Los desgraciados que no hemos tenido esa vivencia de la armonía y tuvimos que ir improvisando rituales podemos ser, a ojos de los nostálgicos de un presunto viejo orden, carne humana desperdiciada o incluso insensibles seres ineptos para la comunidad, condenados a los márgenes insalubres de la anarquía civil y social. Muchos nos sentimos confortablemente instalados en ese margen y admiramos con devoción indostánica la fidelidad emocional de tantos a esas liturgias civiles asociadas a la familia, a los padres, a los abuelos, a los primos y las primas (y los escarceos sexuales, las miradas prolongadas, los avistamientos de un pedazo de ropa secreta) y a una patulea de familiares que muchos identifican a simple vista y algunos otros no sabemos ni identificar por el nombre del parentesco.

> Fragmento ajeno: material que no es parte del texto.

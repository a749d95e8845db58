-- ===== src/State/Diff.antt =====
-- `Diff` of internal/state/diff.go: the transition events from one state to the next.
pub mod Events
pub mod Exact
pub mod Expected
pub mod Replay
use dhcp_lease_observer.Prelude.{
  ◌*◌, not, Option, none, some, List, [], ◌∷◌, ◌++◌, Result, ok, ◌>>=◌, ◌>>◌, reject_if, wrap_err,
  ℤ, pos, ◌==◌, if◌then◌else◌, sort_slice,
}
use dhcp_lease_observer.Text.{Bytes, bytes_eq}
use dhcp_lease_observer.Net.{addr_eq}
use dhcp_lease_observer.Clock.{Time, before, after, add_time, nanoseconds}
use dhcp_lease_observer.State.{Lease, Snapshot, StateError, validate}
use dhcp_lease_observer.State.Event.{
  Event, EventError, lease_bound, lease_renewed, lease_moved, lease_removed, event_from_lease,
  event_less, validate_events,
}

pub data DiffError : Type 0 where
  current_invalid previous_invalid : StateError → DiffError
  identity_key_changed observation_precedes : DiffError
  event_invalid : EventError → DiffError

-- 5 * time.Second
abbrev pub renewal_tolerance : ℤ
renewal_tolerance = pos (5 * nanoseconds)

-- `map[string]Lease`, as a function from device IDs.
abbrev pub LeaseMap : Type 0
LeaseMap = Bytes → Option Lease

abbrev pub put_lease : LeaseMap → Lease → LeaseMap
put_lease m l device = if l.device_id == device then some l else m device

-- The loop that fills a map from a list of leases.
unfoldable pub by_device : LeaseMap → List Lease → LeaseMap
by_device m [] = m
by_device m (l ∷ ls) = by_device (put_lease m l) ls

abbrev pub moved_event : Time → Lease → Lease → Event
moved_event t old l = record (event_from_lease lease_moved t l) { previous_ip = some old.ip }

-- The switch of the first loop, on the lease that the device had before.
unfoldable pub transition : Time → Option Lease → Lease → Option Event
transition t none l = some (event_from_lease lease_bound t l)
transition t (some old) l =
    if not (old.ip == l.ip)
    then some (moved_event t old l)
    else if after l.bound_at (add_time old.bound_at renewal_tolerance)
    then some (event_from_lease lease_renewed t l)
    else none

abbrev pub append_event : Option Event → List Event → List Event
append_event none es = es
append_event (some e) es = e ∷ es

unfoldable pub current_events : Time → LeaseMap → List Lease → List Event
current_events t previous [] = []
current_events t previous (l ∷ ls) =
    append_event (transition t (previous l.device_id) l) (current_events t previous ls)

-- The second loop: a device that is gone.
abbrev pub removal : Time → Option Lease → Lease → Option Event
removal t none old = some (event_from_lease lease_removed t old)
removal t (some _) old = none

unfoldable pub removed_events : Time → LeaseMap → List Lease → List Event
removed_events t current [] = []
removed_events t current (l ∷ ls) =
    append_event (removal t (current l.device_id) l) (removed_events t current ls)

unfoldable pub bound_events : Time → List Lease → List Event
bound_events t [] = []
bound_events t (l ∷ ls) = event_from_lease lease_bound t l ∷ bound_events t ls

-- `sortEvents`, then `validateEvents`.
unfoldable pub finish : List Event → Result DiffError (List Event)
finish events =
    let sorted = sort_slice event_less events in
    (do wrap_err event_invalid (validate_events sorted); ok sorted)

unfoldable pub diff : Option Snapshot → Snapshot → Result DiffError (List Event)
diff none current = do
  wrap_err current_invalid (validate current)
  finish (bound_events current.observed_at current.leases)
diff (some previous) current = do
  wrap_err current_invalid (validate current)
  wrap_err previous_invalid (validate previous)
  reject_if (not (previous.identity_key_id == current.identity_key_id)) identity_key_changed
  reject_if (before current.observed_at previous.observed_at) observation_precedes
  let previous_by_device = by_device (λ _. none) previous.leases
  let current_by_device = by_device (λ _. none) current.leases
  finish (
      current_events current.observed_at previous_by_device current.leases
      ++ removed_events current.observed_at current_by_device previous.leases)
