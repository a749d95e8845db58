-- ===== src/Parser/Transcript.antt =====
-- `readTranscriptLines` of internal/parser/ix2106/lease.go, with what it uses of bufio.Scanner.
pub mod Bounds
use dhcp_lease_observer.Prelude.{
  ℕ, ◌+◌, ◌-◌, ◌^◌, Bool, ◌&&◌, List, [], ◌∷◌, take, leb, ltb, nat_beq, length, Result, ok, err,
  ◌>>=◌, ◌>>◌, reject_if, if◌then◌else◌, arith,
}
use dhcp_lease_observer.Text.{Bytes, codes, contains, is_empty}
use dhcp_lease_observer.Text.Space.{trim_space, to_lower, split_lines}

-- An io.Reader: the bytes that it gives, and whether it then fails instead of reporting its end,
-- which it does in a read of its own.
pub record Reader : Type 0 where
  pub content : Bytes
  pub fails : Bool

-- `row_unsupported` is the number of the line; the rest are the messages of `invalidLease` and
-- `invalidARP`, and the two sentinel errors.
pub data ParserError : Type 0 where
  paged config_occupied size_limit unreadable missing_headers unsupported_summary : ParserError
  count_out_of_range unsupported_header record_limit count_mismatch validation_failed : ParserError
  row_unsupported : ℕ → ParserError

abbrev pub max_transcript_size : ℕ
max_transcript_size = 2 ^ 20

abbrev pub max_line_size : ℕ
max_line_size = 2 ^ 16

-- `io.LimitReader(reader, maxTranscriptSize+1)`: a reader that has given so much does not fail.
unfoldable pub limit_reader : Reader → Reader
limit_reader reader = record {
  content = take (max_transcript_size + 1) reader.content;
  fails = reader.fails && leb (length reader.content) max_transcript_size;
}

-- The lines of bufio.ScanLines, their ends still on; what follows the last end is a line if it is
-- not empty.
unfoldable pub drop_empty_end : List Bytes → List Bytes
drop_empty_end [] = []
drop_empty_end (l ∷ []) = if is_empty l then [] else l ∷ []
drop_empty_end (l ∷ m ∷ ls) = l ∷ drop_empty_end (m ∷ ls)

unfoldable pub drop_return : Bytes → Bytes
drop_return [] = []
drop_return (c ∷ []) = if nat_beq c b'\r' then [] else c ∷ []
drop_return (c ∷ d ∷ cs) = c ∷ drop_return (d ∷ cs)

abbrev pub prepend_line : Bytes → Result ParserError (List Bytes) → Result ParserError (List Bytes)
prepend_line line rest = rest >>= λ lines. ok (if is_empty line then lines else line ∷ lines)

-- The loop over the lines; `read_size` is what the lines before have taken.
unfoldable pub read_lines : Bool → ℕ → List Bytes → Result ParserError (List Bytes)
read_lines fails read_size [] = if fails then err unreadable else ok []
read_lines fails read_size (raw ∷ raws) =
    let text = drop_return raw in
    let line = trim_space text in
    let size = read_size + length text + 1 in
    let rest = read_lines fails size raws in
    reject_if (leb max_line_size (length raw)) unreadable
    >> (reject_if (ltb max_transcript_size size) size_limit
        >> (reject_if (contains line (codes "--More--")) paged
            >> (reject_if (contains (to_lower line) (codes "config process is occupied"))
                  config_occupied
                >> prepend_line line rest)))

-- `readTranscriptLines`
unfoldable pub read_transcript_lines : Reader → Result ParserError (List Bytes)
unfolding read_lines limit_reader drop_empty_end drop_return
read_transcript_lines reader =
    let limited = limit_reader reader in
    read_lines limited.fails 0 (drop_empty_end (split_lines limited.content))
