-- ===== src/Parser/Fields.antt =====
-- The regular expressions of internal/parser/ix2106: the fields of a row and of a summary.
use dhcp_lease_observer.Prelude.{
  ℕ, Bool, ◌&&◌, ◌||◌, Option, none, some, List, [], ◌∷◌, nat_beq, all, length, if◌then◌else◌,
}
use dhcp_lease_observer.Text.{Bytes, is_digit, is_empty, within}
use dhcp_lease_observer.Session.Prompt.{is_pattern_space}

abbrev onto_first : ℕ → List Bytes → List Bytes
onto_first c [] = (c ∷ []) ∷ []
onto_first c (f ∷ fs) = (c ∷ f) ∷ fs

-- The pieces between single separators.
unfoldable pub split_at : (ℕ → Bool) → Bytes → List Bytes
split_at separates [] = [] ∷ []
split_at separates (c ∷ cs) =
    let rest = split_at separates cs in if separates c then [] ∷ rest else onto_first c rest

-- Two separators with nothing between them are one.
unfoldable pub squeeze : List Bytes → List Bytes
squeeze [] = []
squeeze (f ∷ []) = f ∷ []
squeeze (f ∷ g ∷ fs) = let rest = squeeze (g ∷ fs) in if is_empty f then rest else f ∷ rest

-- `^(\S+)\s+(\S+)…$`: the fields of a row. White space at either end leaves an empty field.
unfoldable pub row_fields : Bytes → List Bytes
unfolding split_at squeeze
row_fields [] = []
row_fields (c ∷ cs) =
    if is_pattern_space c then [] ∷ [] else squeeze (split_at is_pattern_space (c ∷ cs))

-- The longest run of digits at the start, and the rest.
unfoldable pub span_digits : Bytes → Bytes × Bytes
span_digits [] = ([], [])
span_digits (c ∷ cs) =
    let rest = span_digits cs in if is_digit c then (c ∷ rest.0, rest.1) else ([], c ∷ cs)

-- `[0-9]{1,3}(?:\.[0-9]{1,3}){3}`
unfoldable pub is_address_field : Bytes → Bool
unfolding split_at is_digit
is_address_field s =
    let parts = split_at (λ c. nat_beq c b'.') s in
    nat_beq (length parts) 4 && all (λ p. within 1 3 (length p) && all is_digit p) parts

is_hex : ℕ → Bool
is_hex c = is_digit c || within b'A' b'F' c || within b'a' b'f' c

-- `[0-9A-Fa-f]{2}(?::[0-9A-Fa-f]{2}){5}`
unfoldable pub is_mac_field : Bytes → Bool
unfolding split_at is_hex is_digit
is_mac_field s =
    let parts = split_at (λ c. nat_beq c b':') s in
    nat_beq (length parts) 6 && all (λ p. nat_beq (length p) 2 && all is_hex p) parts

-- The rest of a text behind a prefix.
unfoldable pub after_prefix : Bytes → Bytes → Option Bytes
after_prefix [] s = some s
after_prefix (p ∷ ps) [] = none
after_prefix (p ∷ ps) (c ∷ cs) = let rest = after_prefix ps cs in if nat_beq p c then rest else none

-- `prefix([0-9]+)`, and the rest
unfoldable pub number_after : Bytes → Bytes → Option (Bytes × Bytes)
unfolding span_digits after_prefix is_digit
number_after prefix s = elim (after_prefix prefix s) [
  | none ↦ none
  | some rest ↦
      let (digits, behind) = span_digits rest in
      if is_empty digits then none else some (digits, behind)
]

¿Qué tendrá de malo buscar la perpetuación de esas comilonas con la abuela piripi, el padre tambaleante, la madre agobiada y las sobrinas enloquecidas con media copita de ratafía? Pero si eso debe de ser la sal de la vida para la memoria de tantos que han dejado de ir al pueblo y a recorrer la calle mayor en procesión o asistir a la misa del gallo (eso sí es en verdad el misterio). Diría que si esa nostalgia o añoranza tibia aflora hoy es porque por fortuna la secularización de marras, por la que clamaron durante siglos los intelectuales herederos de la Ilustración y sus sucesores, ha ido conquistando espacios no solo sociales y públicos sino también íntimos, privados y familiares, donde a veces ni siquiera se sabe demasiado bien qué carajo será eso de la familia: ¿cuál?, ¿la primera pareja, la segunda, la tercera? Por fortuna, la gente ya no ata su vida a la primera ni se sabe esclava de una decisión de juventud, igual que hemos aprendido a desatarnos de las ataduras de la familia cristiana, al menos aquellos a quienes nadie metió con calzador la culpa en el biberón, en la papilla de frutas, en las primeras gominolas y en las merendolas de los cumpleaños.

Es cierto que si el cristianismo se diluye como código osmóticamente compartido más de la mitad de los cuadros y conjuntos escultóricos del arte occidental (y parte de su literatura) dejarán de tener sentido para muchos y apenas podrán ir más allá de apreciar lo bien puesta que está la luz en el manto de la virgen o el brillo turbador de un reflejo en un san Sebastián acribillado a saetas o la hipnosis absoluta de la música de Bach, de Haendel o Vivaldi. Habrá que aprenderlo o enseñarlo para que ese arte transmita lo que quiso transmitir en su tiempo (y en el nuestro): se trata de estudiar un poco más, leer lo que no se ha leído y dotarse de las herramientas culturales para descifrar la codificación artística que ha ido diluyéndose. Nada más. Seguirá vigente la agenda tremenda de la abuela dulcísimamente tiránica a la que nadie se atreve a llevar la contraria para que no monte un cristo (nunca mejor dicho) de tres pares de narices en la víspera del 24 de diciembre o en la comida del 25 o en la Semana Santa de todos los dolores. No vaya a ser que a uno de los comensales incorporados a la familia —ecuatoriano, marroquí, ucranio, palestino— se le ocurra sacar a la mesa no sé qué maravilloso dulce, aperitivo o plato que rompa el perfecto equilibrio armónico de los buenos y viejos tiempos que nunca existieron. O al menos nunca existieron en familias felizmente descompuestas, funcionalmente disfuncionales, apátridas sentimentales y a ratos, solo a ratos, esquivos, felices. Sin culpa. Jordi Gracia es catedrático de Literatura española en la Universidad de Barcelona y codirector de la revista TintaLibre.